Gist of the post is that if you have all the info needed to construct the
secret used to extract 6 numbers - you can copy it around and have copies of
the device that produces one time passwords.

Obtaining the shared secret and knowing the user's credentials is difficult to
achieve (obtaining both). Even if it were to happen, you, as a service
provider, have undeniable evidence that the user was negligent because leaking
out the secret for MFA isn't exactly easy to do.

Data leaks due to malicious employees is often the attack vector in these
cases. I'd argue that safe-keeping the data in a way that employees can't
access it easily is what's actually a big deal in data breaches, not the
actual mechanisms (RFC4226 and RFC6238 algorithms and their derivatives) that
rely on keeping data safe.

Attacking a service that's been breached by leaking shared secrets is still
extremely hard - you have to know the credentials and corresponding shared
secret out of hundreds of thousands of leaked ones. Only way to attack the
service is brute-forcing it. That doesn't go unnoticed.
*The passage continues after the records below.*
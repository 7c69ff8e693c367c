-- ===== src/Api/Answer.antt =====
-- Responses, and what internal/api/server.go writes for the errors of the layers below.
use securevault.Auth.Invites.{Invite}
use securevault.Files.Node.{Grant, Node}
use securevault.Auth.Policy.{RegistrationStatus}
use securevault.Text.{split}
use securevault.Auth.User.{User}
use securevault.Database.Schema.{Target}
use securevault.Effect.{attempt, pure, M, ◌>>=◌}
use securevault.Base.{
  leb, if◌then◌else◌, ◌==◌, nat_eq, string_eq, Bytes, bytes_eq, length, any, Error, Result, codes,
  no_object, corrupt, too_large, not_found, integrity, validation, invalid_credentials, throttled,
  username_taken, session_invalid, password_policy, username_policy, registration_closed,
  invite_required, invite_invalid, user_limit_reached, invite_not_found, invite_policy,
  admin_required, max_bytes, unexpected_eof, pg, internal, ok, err, ℕ, String, Bool, true, false,
  not, ◌&&◌, ◌||◌, Option, none, some, List, [], ◌∷◌,
}
use securevault.Platform.{Platform}

-- http.Cookie, of which Path and SameSite are the same in each.
pub record Cookie : Type 0 where
  pub name : String
  pub value : Bytes
  pub http_only : Bool
  pub secure : Bool
  -- Max-Age in seconds; `none` deletes the cookie.
  pub max_age : Option ℕ

abbrev pub session_cookie : String
session_cookie = "sv_session"

abbrev pub csrf_cookie : String
csrf_cookie = "sv_csrf"

-- What the answers show of an account, and of an audit event.
pub record UserInfo : Type 0 where
  pub id : String
  pub username : String
  pub role : String
  pub created_at : ℕ

pub record EventInfo : Type 0 where
  pub id : ℕ
  pub at : ℕ
  pub actor : String
  pub action : String
  pub target : Target
  pub result : String
  pub reason : String
  pub request_id : String

pub data Body : Type 0 where
  error_body status_body : String → Body
  -- err.Error(), of an error that wraps this one
  error_text : Error → Body
  user_body : User → Body
  registration_body : RegistrationStatus → Body
  nodes_body : List Node → Body
  node_body : Node → Body
  stat_body : Node → List Grant → Body
  content_body : Node → Bytes → Body
  users_body : List UserInfo → Body
  page_body : List EventInfo → Option ℕ → Body
  invites_body : List (Invite × String) → Body
  invite_body : Bytes → Invite × String → Body
  -- index.html, and the file that http.FileServerFS serves for a path
  index_body asset_body : Bytes → Body

pub record Response : Type 0 where
  pub status : ℕ
  pub body : Body
  pub cookies : List Cookie

abbrev pub write_json : ℕ → Body → Response
write_json status body = record { status = status; body = body; cookies = [] }

abbrev pub write_error : ℕ → String → Response
write_error status message = write_json status (error_body message)

-- The status of an error, and whether its own text is written.
abbrev pub status_of_error : Error → ℕ × Bool
status_of_error invalid_credentials = (401, true)
status_of_error throttled = (429, true)
status_of_error session_invalid = (401, true)
status_of_error username_taken = (409, true)
status_of_error username_policy = (400, true)
status_of_error password_policy = (400, true)
status_of_error invite_policy = (400, true)
status_of_error registration_closed = (403, true)
status_of_error invite_required = (403, true)
status_of_error invite_invalid = (403, true)
status_of_error user_limit_reached = (403, true)
status_of_error invite_not_found = (404, true)
status_of_error admin_required = (404, false)
status_of_error validation = (400, true)
status_of_error not_found = (404, true)
status_of_error too_large = (413, false)
status_of_error integrity = (500, true)
status_of_error no_object = (500, false)
status_of_error corrupt = (500, false)
status_of_error max_bytes = (500, false)
status_of_error unexpected_eof = (500, false)
status_of_error (pg f) = (500, false)
status_of_error internal = (500, false)

-- The texts that stand in place of an error's own.
abbrev pub replacement : ℕ → String
replacement status =
    if status == 404
    then "not found"
    else if status == 413
    then "file exceeds the upload size limit"
    else "internal error"

unfoldable pub write_service_error : Error → Response
write_service_error e =
    let (status, own) = status_of_error e in
    if own then write_json status (error_text e) else write_error status (replacement status)

abbrev pub reply : {A : Type 0} → (A → M Response) → Result A → M Response
reply f (ok a) = f a
reply f (err e) = pure (write_service_error e)

-- A call of a layer below: its value is answered by the handler, and its error by its status.
unfoldable pub answer : {A : Type 0} → M A → (A → M Response) → M Response
unfolding write_service_error
answer m f = attempt m >>= reply f

abbrev pub is_hex_run : ℕ → Bytes → Bool
is_hex_run n s =
    length s == n
    && not (any (λ c. not ((leb b'0' c && leb c b'9') || (leb b'a' c && leb c b'f'))) s)

abbrev pub are_hex_runs : List ℕ → List Bytes → Bool
are_hex_runs [] [] = true
are_hex_runs (n ∷ ns) (s ∷ ss) = is_hex_run n s && are_hex_runs ns ss
are_hex_runs _ _ = false

-- uuidRe.MatchString
unfoldable pub is_uuid : String → Bool
unfolding split
is_uuid id = are_hex_runs (8 ∷ 4 ∷ 4 ∷ 4 ∷ 12 ∷ []) (split b'-' (codes id))

-- pathUUID, on the value of the route parameter.
unfoldable pub path_uuid : Platform → String → Option String
unfolding is_uuid
path_uuid p value = let id = p.to_lower value in if is_uuid id then some id else none

-- The guard `if !ok { 404 }` of the handlers of one file.
abbrev pub found_uuid : Option String → (String → M Response) → M Response
found_uuid none f = pure (write_json 404 (error_text not_found))
found_uuid (some id) f = f id

unfoldable pub with_uuid : Platform → String → (String → M Response) → M Response
unfolding path_uuid
with_uuid p value f = found_uuid (path_uuid p value) f

-- The guard of a body that decodeJSON refuses.
abbrev pub with_body : {A : Type 0} → Option A → (A → M Response) → M Response
with_body none f = pure (write_error 400 "malformed request body")
with_body (some a) f = f a
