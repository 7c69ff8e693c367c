-- ===== src/Api/AdminHandlers.antt =====
-- The handlers of administrators: internal/api/handlers_admin.go, and the end of handlers_files.go.
use securevault.Files.Listing.{sort_by}
use securevault.Auth.User.{User}
use securevault.Text.Numbers.{parse_int}
use securevault.Auth.Invites.{invite_status, revoke_invite, list_invites, create_invite, Invite}
use securevault.Api.Answer.{
  UserInfo, EventInfo, with_body, page_body, status_body, invite_body, error_text, invites_body,
  users_body, write_error, write_json, Response, answer, path_uuid,
}
use securevault.Database.Schema.{UserRow, AuditRow}
use securevault.Effect.{gets, call, clock, pure, query, M, ◌>>=◌, ◌>>◌}
use securevault.Base.{
  ltb, leb, if◌then◌else◌, ◌==◌, nat_eq, string_eq, Bytes, bytes_eq, length, take, keep, ℤ, wrap64,
  invite_not_found, invite_policy, pos, negsuc, ℕ, suc, ◌*◌, String, code, ◌||◌, Option, none, some,
  List, [], ◌∷◌, map,
}
use securevault.Platform.{Platform}

pub record InviteRequest : Type 0 where
  pub note : Bytes
  pub ttl_hours : ℤ

abbrev nanoseconds_per_hour : ℕ
nanoseconds_per_hour = 3600000000000

-- A query parameter of whole numbers, within bounds; an absent one has a default.
unfoldable pub query_number : Bytes → ℕ → ℕ → ℕ → Option ℕ
unfolding parse_int
query_number text fallback least most =
    if text == [] then some fallback else within (parse_int text)
  where
    within : Option ℤ → Option ℕ
    within (some (pos n)) = if ltb n least || ltb most n then none else some n
    within _ = none

-- One page of the audit log, and where the next one begins.
pub record Page : Type 0 where
  pub events : List AuditRow
  pub next_before : Option ℕ

abbrev pub user_info : UserRow → UserInfo
user_info u = record { id = u.id; username = u.username; role = u.role; created_at = u.created_at }

abbrev pub event_info : AuditRow → EventInfo
event_info e = record {
  id = e.id;
  at = e.at;
  actor = e.actor_name;
  action = e.action;
  target = e.target;
  result = e.result;
  reason = e.reason;
  request_id = e.request_id;
}

-- SELECT … FROM audit_events WHERE $1 = 0 OR id < $1 ORDER BY id DESC: the log has the newest first.
unfoldable pub older : ℕ → List AuditRow → List AuditRow
older before log = if before == 0 then log else keep (λ e. ltb e.id before) log

abbrev pub last_id : List AuditRow → Option ℕ
last_id [] = none
last_id (e ∷ []) = some e.id
last_id (e ∷ f ∷ es) = last_id (f ∷ es)

-- From the rows of one more than a page.
unfoldable pub cut_page : ℕ → List AuditRow → Page
cut_page limit rows =
    if ltb limit (length rows)
    then record { events = take limit rows; next_before = last_id (take limit rows) }
    else record { events = rows; next_before = none }

unfoldable pub audit_page : ℕ → ℕ → List AuditRow → Page
unfolding older cut_page
audit_page limit before log = cut_page limit (take (suc limit) (older before log))

-- time.Duration(req.TTLHours) * time.Hour, of hours that are not negative.
unfoldable pub ttl_of_hours : ℕ → ℤ
unfolding wrap64
ttl_of_hours hours = wrap64 (hours * nanoseconds_per_hour)

module _ (p : Platform) where
  unfoldable pub handle_admin_users : M Response
  unfolding answer
  handle_admin_users =
      answer (query p (λ d. sort_by (λ u v. leb u.created_at v.created_at) d.users))
        λ users. pure (write_json 200 (users_body (map user_info users)))

  abbrev pub with_limits : Option ℕ → Option ℕ → M Response
  with_limits none before = pure (write_error 400 "limit must be 1-1000")
  with_limits (some limit) none = pure (write_error 400 "before must be a positive event id")
  with_limits (some limit) (some before) =
      answer (call p >> gets (λ w. audit_page limit before w.audit_events))
        λ page. pure (write_json 200 (page_body (map event_info page.events) page.next_before))

  -- The query reads the audit table.
  unfoldable pub handle_admin_audit : Bytes → Bytes → M Response
  unfolding query_number audit_page answer
  handle_admin_audit limit_text before_text =
      with_limits (query_number limit_text 50 1 1000)
        (query_number before_text 0 1 9223372036854775807)

  -- toInviteResponse, at the time of the answer.
  abbrev pub to_invite_response : ℕ → Invite → Invite × String
  to_invite_response now i = (i, invite_status now i)

  unfoldable pub handle_admin_invites : User → M Response
  unfolding list_invites invite_status answer
  handle_admin_invites u = answer (list_invites p (some u)) λ invites.
      (clock p >>= λ now.
      pure (write_json 200 (invites_body (map (to_invite_response now) invites))))

  abbrev pub issue : User → Bytes → ℤ → M Response
  issue u note (negsuc n) = pure (write_json 400 (error_text invite_policy))
  issue u note (pos hours) =
      answer (create_invite p (some u) note (ttl_of_hours hours)) λ (code, invite).
        (clock p >>= λ now.
        pure (write_json 201 (invite_body code (to_invite_response now invite))))

  unfoldable pub handle_admin_create_invite : User → Option InviteRequest → M Response
  unfolding create_invite invite_status ttl_of_hours answer
  handle_admin_create_invite u body = with_body body λ req. issue u req.note req.ttl_hours

  abbrev pub revoke_one : User → Option String → M Response
  revoke_one u none = pure (write_json 404 (error_text invite_not_found))
  revoke_one u (some id) =
      answer (revoke_invite p (some u) id) λ _. pure (write_json 200 (status_body "revoked"))

  unfoldable pub handle_admin_revoke_invite : User → String → M Response
  unfolding path_uuid revoke_invite answer
  handle_admin_revoke_invite u value = revoke_one u (path_uuid p value)
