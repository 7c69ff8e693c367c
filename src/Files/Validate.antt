-- ===== src/Files/Validate.antt =====
-- internal/files/validate.go: the display name and the content type of an upload.
pub mod Content
pub mod Names
use securevault.Text.{trim_left, is_space, encode, runes_after, trim_right}
use securevault.Base.{
  ltb, if◌then◌else◌, ◌==◌, nat_eq, string_eq, Bytes, bytes_eq, take, keep, any, Fault, codes, ℕ,
  ◌+◌, ◌-◌, ◌/◌, code, Bool, not, ◌||◌, List, [], ◌∷◌,
}
use securevault.Platform.{Platform}

abbrev pub is_separator : ℕ → Bool
is_separator b = b == b'/' || b == b'\\'

-- What follows the last separator: `name[strings.LastIndexAny(name, "/\\")+1:]`.
unfoldable pub last_element : Bytes → Bytes
last_element [] = []
last_element (b ∷ s) =
    let rest = last_element s in
    if any is_separator s then rest else if is_separator b then s else b ∷ s

-- `strings.Trim(name, ".") == ""`
abbrev only_dots : List ℕ → Bool
only_dots rs = not (any (λ r. not (r == b'.')) rs)

abbrev pub max_filename_len : ℕ
max_filename_len = 255

module _ (p : Platform) where
  abbrev pub is_shown : ℕ → Bool
  is_shown r = not (ltb r 32 || r == 127 || not (p.is_print r))

  -- The runes of the name that is kept, before the cut.
  abbrev pub clean : Bytes → List ℕ
  clean name =
      trim_right is_space (trim_left is_space (keep is_shown (runes_after 0 (last_element name))))

  unfoldable pub sanitize_filename : Bytes → Bytes
  unfolding runes_after encode last_element trim_left trim_right
  sanitize_filename name =
      let rs = clean name in
      if only_dots rs then codes "unnamed" else take max_filename_len (encode rs)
Plausible attacks are extremely rare and difficult to achieve and edge cases
that are possible only when extremely sensitive data is leaked aren't an
argument against MFA.

The post we're commenting on mentions U2F - that particular approach
completely obviates all the problems mentioned in this blog post, on top of
being vastly easier to use to the end user (stick the token in the usb port,
press the flashing button, job done).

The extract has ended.